__Records shown__.
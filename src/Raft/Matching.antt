-- ===== src/Raft/Matching.antt =====
-- trading/src/consensus/raft.rs: what a follower's log is after an `AppendEntries` that it accepts,
-- and that the request which a leader makes brings the follower's log up to the leader's.
use actix_pura.Prelude.{
  ℕ, zero, suc, ◌+◌, ◌≤◌, ◌<◌, ◌≡◌, refl, sym, ap, ◌∙◌, String, Bool, true, false, List, [], ◌∷◌,
  ◌++◌, arith, ◌⊎◌, ◌||◌, ◌&&◌, ◌==◌, inl, inr, map_or, last, any, u64_mod, sub64, unwrap_or,
}
use mathlib.Core.List.{append_assoc, append-nil}
use actix_pura.Prelude.Dict.{lookup}
use actix_pura.Raft.Types.{LogEntry, RaftNode, append_entries, append_response}
use actix_pura.Raft.Log.{
  last_index, has_index, entry_at, truncate, entries_from, push_missing, insert_by_index,
  sort_by_index, merge_entries, log_consistent, prev_term,
}
use actix_pura.Raft.Rpc.{
  step_down, heard_from, advance_commit, accept_entries, handle_append_entries,
}
use actix_pura.Raft.Leader.{replication}
use actix_pura.Raft.Ordered.{Above, IsAscending, Above-mono, Above-IsAscending}

or_true : (a b : Bool) → b ≡ true → (a || b) ≡ true
or_true a b h = ground arith

module _ {C : Type 0} where
  insert_below :
      (e : LogEntry C) (l : List (LogEntry C)) → Above e.index l → insert_by_index e l ≡ e ∷ l
  unfolding insert_by_index
  insert_below e [] a = refl
  insert_below e (x ∷ l) a = ground arith

  -- Sorting an ascending log changes nothing.
  sort_of_IsAscending : (l : List (LogEntry C)) → IsAscending l → sort_by_index l ≡ l
  unfolding sort_by_index
  sort_of_IsAscending [] a = refl
  sort_of_IsAscending (e ∷ l) a =
      rw (sort_of_IsAscending l (Above-IsAscending e.index l a)) (insert_below e l a)

  -- An entry that stands behind all of an ascending log is missing from it.
  missing_of_Above :
      (i : ℕ) (l es : List (LogEntry C)) (e : LogEntry C)
      → Above i (l ++ e ∷ es)
      → (i < e.index) × (has_index e.index l ≡ false)
  unfolding has_index
  missing_of_Above i [] es e a = (a.0, refl)
  missing_of_Above i (x ∷ l) es e a = ground (arith, missing_of_Above x.index l es e a.1)

  missing :
      (l es : List (LogEntry C)) (e : LogEntry C)
      → IsAscending (l ++ e ∷ es)
      → has_index e.index l ≡ false
  unfolding has_index
  missing [] es e a = refl
  missing (x ∷ l) es e a = ground (arith, missing_of_Above x.index l es e a)

  last_cons :
      (m : ℕ) (e : LogEntry C) (es : List (LogEntry C))
      → map_or e.index (λ x. x.index) (last es) ≡ map_or m (λ x. x.index) (last (e ∷ es))
  last_cons m e [] = refl
  last_cons m e (x ∷ es) = sym (last_cons e.index x es) ∙ last_cons m x es

  -- So the loop pushes every entry, and ends at the last.
  push_all :
      (es l : List (LogEntry C)) (m : ℕ)
      → IsAscending (l ++ es)
      → push_missing es l m ≡ (l ++ es, map_or m (λ e. e.index) (last es))
  unfolding push_missing
  push_all [] l m a = rw append-nil
  push_all (e ∷ es) l m a = rw (missing l es e a) (
      push_all es (l ++ e ∷ []) e.index (rw (append_assoc l (e ∷ []) es) a)
      ∙ ground (arith, append_assoc l (e ∷ []) es, last_cons m e es))

  truncate_append-Above :
      (i p : ℕ) (l es : List (LogEntry C))
      → i ≤ p
      → Above i l
      → Above p es
      → Above i (truncate p l ++ es)
  unfolding truncate
  truncate_append-Above i p [] es h a b = Above-mono p i es h b
  truncate_append-Above i p (e ∷ l) es h a b = ground (
    arith,
    truncate_append-Above e.index p l es,
    truncate_append-Above i p l es h (Above-mono e.index i l (omega arith) a.1) b,
  )

  truncate_append-IsAscending :
      (p : ℕ) (l es : List (LogEntry C))
      → IsAscending l
      → Above p es
      → IsAscending (truncate p l ++ es)
  unfolding truncate
  truncate_append-IsAscending p [] es a b = Above-IsAscending p es b
  truncate_append-IsAscending p (e ∷ l) es a b = ground (
    arith,
    truncate_append-Above e.index p l es,
    truncate_append-IsAscending p l es (Above-IsAscending e.index l a) b,
  )

  merge_entries_lem :
      (p : ℕ) (e : LogEntry C) (es l : List (LogEntry C))
      → IsAscending l
      → Above p (e ∷ es)
      → merge_entries p (e ∷ es) l ≡ (truncate p l ++ e ∷ es, last_index (e ∷ es))
  unfolding merge_entries
  merge_entries_lem p e es l a b =
      let ordered = truncate_append-IsAscending p l (e ∷ es) a b in
      ground (
        arith,
        push_all (e ∷ es) (truncate p l) p ordered,
        sort_of_IsAscending (truncate p l ++ e ∷ es) ordered,
        last_cons 0 e es,
        last_cons p e es,
      )

  truncate-Above : (p : ℕ) (l : List (LogEntry C)) → Above p l → truncate p l ≡ []
  unfolding truncate
  truncate-Above p [] a = refl
  truncate-Above p (e ∷ l) a =
      ground (arith, truncate-Above p l (Above-mono e.index p l (omega arith) a.1))

  entries_from_next : (p : ℕ) (l : List (LogEntry C)) → Above p l → entries_from (p + 1) l ≡ l
  unfolding entries_from
  entries_from_next p [] a = refl
  entries_from_next p (e ∷ l) a =
      ground (arith, entries_from_next p l (Above-mono e.index p l (omega arith) a.1))

  entries_from-Above :
      (p : ℕ) (l : List (LogEntry C)) → IsAscending l → Above p (entries_from (p + 1) l)
  unfolding entries_from
  entries_from-Above p [] a = tt
  entries_from-Above p (e ∷ l) a = ground (
    arith,
    entries_from-Above p l (Above-IsAscending e.index l a),
    entries_from_next p l,
    Above-mono e.index p l,
  )

  -- What is kept and what is sent make up the log.
  truncate-append-entries_from :
      (p : ℕ) (l : List (LogEntry C)) → IsAscending l → truncate p l ++ entries_from (p + 1) l ≡ l
  unfolding truncate entries_from
  truncate-append-entries_from p [] a = refl
  truncate-append-entries_from p (e ∷ l) a = ground (
    arith,
    truncate-append-entries_from p l (Above-IsAscending e.index l a),
    truncate-Above p l,
    entries_from_next p l,
    Above-mono e.index p l,
  )

  -- A test of the indices up to `p` sees only what truncation keeps.
  any-truncate :
      (p t : ℕ) (l : List (LogEntry C))
      → any (λ e. e.index == p && e.term == t) l
        ≡ any (λ e. e.index == p && e.term == t) (truncate p l)
  unfolding truncate
  any-truncate p t [] = refl
  any-truncate p t (e ∷ l) = ground (arith, any-truncate p t l)

  any-entry_at :
      (p : ℕ) (l : List (LogEntry C))
      → has_index p l ≡ true
      → any (λ e. e.index == p && e.term == map_or 0 (λ x. x.term) (entry_at p l)) l ≡ true
  unfolding has_index entry_at
  any-entry_at p [] h = cc
  any-entry_at p (e ∷ l) h = ground (arith, any-entry_at p l)

  agree_any :
      (p t : ℕ) (l k : List (LogEntry C))
      → truncate p l ≡ truncate p k
      → any (λ e. e.index == p && e.term == t) l ≡ any (λ e. e.index == p && e.term == t) k
  agree_any p t l k h =
      any-truncate p t l ∙ ap (any (λ e. e.index == p && e.term == t)) h ∙ sym (any-truncate p t k)

  prev_term_pos :
      (p : ℕ) (l : List (LogEntry C))
      → prev_term (suc p) l ≡ map_or 0 (λ x. x.term) (entry_at (suc p) l)
  unfolding prev_term
  prev_term_pos p l = ground arith

  -- Logs that agree up to `p` pass the follower's check with the leader's term at `p`.
  log_consistent_of_agree :
      (p : ℕ) (l k : List (LogEntry C))
      → truncate p l ≡ truncate p k
      → (p ≡ 0) ⊎ (has_index p k ≡ true)
      → log_consistent p (prev_term p k) l ≡ true
  unfolding log_consistent
  log_consistent_of_agree zero l k h c = refl
  log_consistent_of_agree (suc p) l k h (inl z) = absurd (omega arith)
  log_consistent_of_agree (suc p) l k h (inr has) =
      rw (prev_term_pos p k)
        (or_true (suc p == 0) _ (agree_any (suc p) _ l k h ∙ any-entry_at (suc p) k has))

module _ {C S : Type 0} where
  -- A follower whose log is in strictly ascending order and that accepts, in a term that it has not
  -- passed, entries which ascend from the place where its log agrees keeps its entries up to that
  -- place and drops all others; the new entries follow in their order, and it answers with the
  -- index of the last one.
  pub append_entries_log :
      (now t : ℕ) (leader : String) (p pt c : ℕ) (e : LogEntry C) (es : List (LogEntry C))
      (n : RaftNode C S)
      → n.current_term ≤ t
      → log_consistent p pt n.log ≡ true
      → IsAscending n.log
      → Above p (e ∷ es)
      → let (r, k) = handle_append_entries now (append_entries t leader p pt (e ∷ es) c) n in
        (k.log ≡ truncate p n.log ++ e ∷ es) × (r ≡ append_response t true (last_index (e ∷ es)))
  unfolding handle_append_entries accept_entries advance_commit heard_from step_down
  append_entries_log now t leader p pt c e es n newer agree a b =
      let merged = merge_entries_lem p e es n.log a b in ground (arith, merged)

  -- The request that a leader makes for a follower whose log agrees up to the entry before the
  -- first one sent, in a term that the follower has not passed and with at least one entry to send,
  -- leaves the follower with the leader's whole log, when both logs are in strictly ascending
  -- order.
  pub replication-append_entries :
      (now : ℕ) (i : String) (k f : RaftNode C S) (p : ℕ) {e : LogEntry C} {es : List (LogEntry C)}
      → unwrap_or 1 (lookup i k.next_index) ≡ p + 1
      → p + 1 < u64_mod
      → entries_from (p + 1) k.log ≡ e ∷ es
      → f.current_term ≤ k.current_term
      → IsAscending k.log
      → IsAscending f.log
      → truncate p f.log ≡ truncate p k.log
      → (p ≡ 0) ⊎ (has_index p k.log ≡ true)
      → let (r, g) = handle_append_entries now (replication i k) f in
        (g.log ≡ k.log) × (r ≡ append_response k.current_term true (last_index (e ∷ es)))
  unfolding replication
  replication-append_entries now i k f p {e} {es} next bound sent newer ak af agree known =
      let prev : sub64 (p + 1) 1 ≡ p = omega arith in
      let done =
        append_entries_log now k.current_term k.node_id p (prev_term p k.log) k.commit_index e es f
          newer (log_consistent_of_agree p f.log k.log agree known) af
          (rw sent at (entries_from-Above p k.log ak)) in
      rw (next, prev, sent)
        (done.0 ∙ rw (agree, ← sent) (truncate-append-entries_from p k.log ak), done.1)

__What the task requires__. Starting with the line that contains "unfolding replication", restate every line through the end of the records above, exactly and with no other lines.

__Solution below__.
  unfolding replication
  replication-append_entries now i k f p {e} {es} next bound sent newer ak af agree known =
      let prev : sub64 (p + 1) 1 ≡ p = omega arith in
      let done =
        append_entries_log now k.current_term k.node_id p (prev_term p k.log) k.commit_index e es f
          newer (log_consistent_of_agree p f.log k.log agree known) af
          (rw sent at (entries_from-Above p k.log ak)) in
      rw (next, prev, sent)
        (done.0 ∙ rw (agree, ← sent) (truncate-append-entries_from p k.log ak), done.1)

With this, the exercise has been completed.